Выбрать главу

История молодого дипломата запала мне глубоко в душу. Мне казалось, я хорошо понимаю, что заставило его пойти на такой поступок, и мне было его очень жаль. В то же самое время я почувствовал облегчение, узнав, что именно вызвало усиление правил секретности в Миссии и министерстве. В основе всего лежало реальное событие, случившееся за много сотен километров от Нью-Йорка. Но мне было вовсе не сложно представить себе, как КГБ заманивает меня в такую же ловушку, какую он расставил для молодого дипломата, которого просто-напросто выманили из Южной Америки домой, выследили и наконец затравили. Он был доведен до такого отчаяния, что подготовился к самоубийству и выбрал смерть. Я не хотел такого конца. И поэтому я должен вновь возродить в себе ту сверхчувствительность, которую мне удалось в свое время приглушить, мне нужно постоянно помнить об опасности. Жить в страхе — не слишком приятно. Однако я понимал, что, отрешившись от страха, теряю наилучшее средство защиты от разоблачения.

К счастью, КГБ помог мне вновь выстроить мою защитную линию.

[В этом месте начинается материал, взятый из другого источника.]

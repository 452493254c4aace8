-- ===== src/Link/Service.antt =====
-- src/Services/Link/AbstractLinkService.h, and the members that src/Services/Link/LoLaLinkService.h
-- adds. The service is an IPacketSendService whose packet is OutPacket and whose client is
-- `LinkClient`; `P` is what the host or the remote adds. ATUI_R and ATUI_S are written before each
-- read. The clock that the syncer points to is the driver's.
pub mod Builders
pub mod Session
pub mod Process
pub mod Runtime
use lo_la.Prelude.{
  ℕ, Bool, true, false, not, ◌&&◌, ◌||◌, if◌then◌else◌, Option, none, some, List, [], ◌∷◌, ltb,
  ◌==◌, sub32,
}
use lo_la.Packet.Definition.{
  PacketDefinition, get_total_size, ping_definition, report_definition, short_definition,
  short_with_ack_definition, long_definition, header_ping_with_ack,
}
use lo_la.Packet.Buffer.{Packet, get_max_size, get_data_header}
use lo_la.Packet.Map.{PacketMap, add_mapping}
use lo_la.Crypto.Library.{CryptoLibrary}
use lo_la.Crypto.KeyExchange.{EccLibrary, KeyExchanger}
use lo_la.Crypto.Token.{TokenSource}
use lo_la.Driver.State.{Driver, invalid_millis}
use lo_la.Driver.Receive.{Node}
use lo_la.Services.Manager.{Manager}
use lo_la.Services.Task.{run_delayed}
use lo_la.Services.Send.{Sender, schedule, request_send_packet}
use lo_la.Link.RingBuffer.{RingBuffer}
use lo_la.Link.Power.{PowerBalancer}
use lo_la.Link.ClockSync.{ClockSyncer}
use lo_la.Link.Info.{LinkInfo, LinkState, awaiting_link, awaiting_sleeping, linking, linked}

-- What the service is built on: the libraries, the radio's range of channels, the maps of the
-- Arduino core to a range, the id that the MAC generator answers, and the other services.
pub record Platform (B S : Type 0) : Type 0 where
  pub crypto : CryptoLibrary
  pub ecc : EccLibrary
  pub rssi_ring : RingBuffer B
  pub map_range : ℕ → ℕ
  pub rssi_normalized : ℕ → ℕ
  pub channel_min : ℕ
  pub channel_max : ℕ
  pub local_id : ℕ
  pub manager : Manager (Node S)

-- What one run of a method finds outside: `random min max` is Arduino's, `key_pair` is what
-- `uECC_make_key` makes.
pub record Moment : Type 0 where
  pub millis : ℕ
  pub micros : ℕ
  pub rtc_time : ℕ
  pub random : (min max : ℕ) → ℕ
  pub key_pair : Option (List ℕ × List ℕ)

pub record LinkClient (B S P : Type 0) : Type 0 where
  pub node : Node S
  pub info : LinkInfo B
  pub exchanger : KeyExchanger
  pub keys_last_generated : ℕ
  pub syncer : ClockSyncer
  pub crypto_seed : TokenSource
  pub balancer : PowerBalancer
  pub report_pending : Bool
  pub sub_state_start : ℕ
  pub linking_state : ℕ
  pub info_sync_stage : ℕ
  pub state_start_time : ℕ
  pub last_sent_millis : ℕ
  pub part : P

abbrev pub Link : (B S P : Type 0) → Type 0
Link B S P = Sender (LinkClient B S P)

-- LOLA_LINK_SERVICE_CHECK_PERIOD, LOLA_LINK_SERVICE_IDLE_PERIOD, LOLA_LINK_SEND_FAIL_RETRY_PERIOD.
abbrev pub check_period : ℕ
check_period = 1

abbrev pub idle_period : ℕ
idle_period = 300

abbrev pub send_fail_retry_period : ℕ
send_fail_retry_period = 50

-- The time-outs of a send and of its acknowledgement that RequestSendPacket takes by default.
abbrev pub default_send_time_out : ℕ
default_send_time_out = 100

abbrev pub default_ack_time_out : ℕ
default_ack_time_out = 10

-- A LinkStateEnum compared with the two states of a link that is made or kept.
abbrev pub takes_pings : LinkState → Bool
takes_pings linking = true
takes_pings linked = true
takes_pings _ = false

-- Comparisons of a LinkStateEnum.
abbrev pub is_awaiting_link : LinkState → Bool
is_awaiting_link awaiting_link = true
is_awaiting_link _ = false

abbrev pub is_awaiting_sleeping : LinkState → Bool
is_awaiting_sleeping awaiting_sleeping = true
is_awaiting_sleeping _ = false

abbrev pub is_linking : LinkState → Bool
is_linking linking = true
is_linking _ = false

-- The chain of AddMapping calls that stops at the first that fails.
unfoldable pub add_mappings : List PacketDefinition → PacketMap → Option (PacketMap × Bool)
add_mappings [] m = some (m, true)
add_mappings (d ∷ ds) m =
    let rest = λ (m' : PacketMap). add_mappings ds m' in
    elim (add_mapping d m) [
      | none ↦ none
      | some (m', false) ↦ some (m', false)
      | some (m', true) ↦ rest m'
    ]

abbrev pub link_definitions : List PacketDefinition
link_definitions =
    ping_definition ∷ report_definition ∷ short_definition ∷ short_with_ack_definition
    ∷ long_definition ∷ []

abbrev pub is_too_small : ℕ → List PacketDefinition → Bool
is_too_small size [] = false
is_too_small size (d ∷ ds) = ltb size (get_total_size d) || is_too_small size ds

-- `none` is an access out of the map, as in `add_mapping`.
unfoldable pub on_add_packet_map : Packet → PacketMap → Option (PacketMap × Bool)
unfolding add_mappings
on_add_packet_map packet m = elim (add_mappings link_definitions m) [
  | none ↦ none
  | some (m', false) ↦ some (m', false)
  | some (m', true) ↦ some (m', not (is_too_small (get_max_size packet) link_definitions))
]

module _ {B S P : Type 0} where
  abbrev pub on_client : (LinkClient B S P → LinkClient B S P) → Link B S P → Link B S P
  on_client f s = record s { client = f s.client }

  abbrev pub with_driver : (Driver → Driver) → LinkClient B S P → LinkClient B S P
  with_driver f c = record c { node = record (c.node) { driver = f c.node.driver } }

  abbrev pub driver_of : Link B S P → Driver
  driver_of s = s.client.node.driver

  unfoldable pub reset_state_start_time : ℕ → LinkClient B S P → LinkClient B S P
  reset_state_start_time millis c = record c { state_start_time = millis }

  unfoldable pub reset_last_sent_time_stamp : LinkClient B S P → LinkClient B S P
  reset_last_sent_time_stamp c = record c { last_sent_millis = invalid_millis }

  abbrev pub elapsed_since_stamp : (millis stamp : ℕ) → LinkClient B S P → ℕ
  elapsed_since_stamp millis stamp c =
      if stamp == invalid_millis then invalid_millis else sub32 millis stamp

  unfoldable pub get_elapsed_millis_since_state_start : ℕ → LinkClient B S P → ℕ
  get_elapsed_millis_since_state_start millis c = elapsed_since_stamp millis c.state_start_time c

  unfoldable pub get_elapsed_millis_since_last_sent : ℕ → LinkClient B S P → ℕ
  get_elapsed_millis_since_last_sent millis c = elapsed_since_stamp millis c.last_sent_millis c

  unfoldable pub on_send_failed : Link B S P → Link B S P
  unfolding schedule
  on_send_failed s = schedule (run_delayed send_fail_retry_period) s

  unfoldable pub request_send : ℕ → Link B S P → Link B S P
  request_send millis s = request_send_packet millis default_send_time_out default_ack_time_out s

  -- `SetNextRunDelay(LOLA_LINK_SERVICE_CHECK_PERIOD)`
  unfoldable pub check_again : Link B S P → Link B S P
  check_again s = schedule (run_delayed check_period) s

  -- A packet is prepared in OutPacket and RequestSendPacket called.
  unfoldable pub send_prepared : ℕ → (Packet → Packet) → Link B S P → Link B S P
  unfolding request_send
  send_prepared millis prepare s = request_send millis (record s { packet = prepare s.packet })

  -- The packet is sent if the last one was sent longer ago than the period, or the service waits.
  unfoldable pub send_after : (millis period : ℕ) → (Packet → Packet) → Link B S P → Link B S P
  unfolding send_prepared get_elapsed_millis_since_last_sent check_again
  send_after millis period prepare s =
      if ltb period (get_elapsed_millis_since_last_sent millis s.client)
      then send_prepared millis prepare s
      else check_again s

  -- ProcessAckedPacket; `on_acked_packet_received` is the virtual method.
  unfoldable pub process_acked_packet :
      (on_acked_packet_received : Packet → Link B S P → Link B S P × Bool)
      → Packet
      → Link B S P
      → Link B S P × Bool
  process_acked_packet on_acked_packet_received received s =
      if get_data_header received == header_ping_with_ack
      then (s, takes_pings s.client.info.link_state)
      else on_acked_packet_received received s

  -- OnAckReceived, with the virtual methods for a ping and for another packet.
  unfoldable pub on_ack_received :
      (on_ping_ack_received : ℕ → Link B S P → Link B S P)
      (on_link_ack_received : (header id : ℕ) → Link B S P → Link B S P) (header id : ℕ)
      → Link B S P
      → Link B S P
  on_ack_received on_ping_ack_received on_link_ack_received header id s =
      if header == header_ping_with_ack
      then on_ping_ack_received id s
      else on_link_ack_received header id s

В моем сознании начали всплывать необычные случаи, происшествия, которые, если рассматривать их по отдельности, ничего особенного собой не представляли. Насторожившие меня инциденты начались почти сразу же после моего разговора с приятелем по министерству. На следующий вечер я сел в экспресс на Курском вокзале: я отправлялся в Крым повидаться с матерью. Поезд отходил в полночь, и, войдя в купе, я обнаружил, что моя соседка — женщина. И мне, и ей крупно повезло, что мы получили билеты по броне в поезде курортного направления в самый разгар летнего сезона — очевидно, она тоже пользовалась определенными привилегиями.

Я вышел в коридор покурить, чтобы дать ей переодеться, и, глядя в темную ночь за окном, заметил человека, которого уже видел в зале ожидания на вокзале. Он не курил, а просто стоял в коридоре, как часовой. И наутро, когда я вышел, чтобы дать моей соседке одеться, он опять был тут как тут, а придя завтракать в вагон-ресторан, я первым делом увидел опять его.

Я не слишком задумывался над этими совпадениями, просто машинально регистрировал всякий раз его присутствие и не очень волновался по этому поводу. В его внешности и поведении не было ничего угрожающего, но интерес к моей персоне явно выходил за рамки обычного любопытства. Сойдя с поезда в Евпатории, окунувшись в бархатный воздух солнечного Крымского побережья, я совершенно забыл о нем. Мать встречала меня. Ей шел уже семьдесят шестой год. После смерти моего отца она снова вышла замуж и жила в Крыму. К моему большому огорчению, они с Линой невзлюбили друг друга и не желали общаться. Поэтому я приехал к ней один. Как бы то ни было, она моя мать, и я очень хотел ее видеть. Это была последняя ниточка, связывавшая меня с детством, и мне надо было вернуться в былое, молча попрощаться с ней, надеясь на ее прощение за то, что я оставляю свою страну, не сказавши ей.

Через несколько дней я уезжал в Москву и в момент отъезда получил урок вездесущего присутствия КГБ. Когда я протянул кондуктору билет, он попросил меня подождать, и к нам подбежал другой служащий, объясняя, что мне выделили билет в другом месте. Мне дали купе в другом спальном вагоне, который был относительно пуст. Это само по себе было странно. В разгар летнего сезона — пустые места в поезде, идущем из Крыма: какая-то загадка…

Я начал подозревать, что КГБ в последнюю минуту заменил мой зарезервированный билет и организовал пустые места в вагоне. За мной следили, так же, как и на пути в Крым. Снова, стоило мне выйти из купе, в коридоре стоял молчаливый соглядатай. Он же неизменно оказывался в вагоне-ресторане, где я завтракал и обедал. И хотя это был совсем другой человек, не тот, что сопровождал меня в Крым, они были похожи друг на друга тем холодным профессионализмом, с которым наблюдали за мной.

Я пришел к выводу, что для наблюдения за мной КГБ поместил меня в вагон, где были зарезервированы места для служебного пользования. Иностранных журналистов и дипломатов, путешествующих поездом, обычно размещали в этих кагебешных вагонах. Узнав о моем возвращении в Москву в последний момент, агенты КГБ засуетились, чтобы изменить мой заказ и поместить меня туда, где им проще всего было держать меня в поле зрения.

Это проявление всемогущества и вездесущности КГБ удивило меня не слишком, но вот то, что я стал объектом их внимания, — очень заботило меня. Андрей Громыко и все сотрудники Министерства иностранных дел относились ко мне, как обычно, но тайная полиция занимала, вероятно, другую позицию, и это наводило на дурные мысли.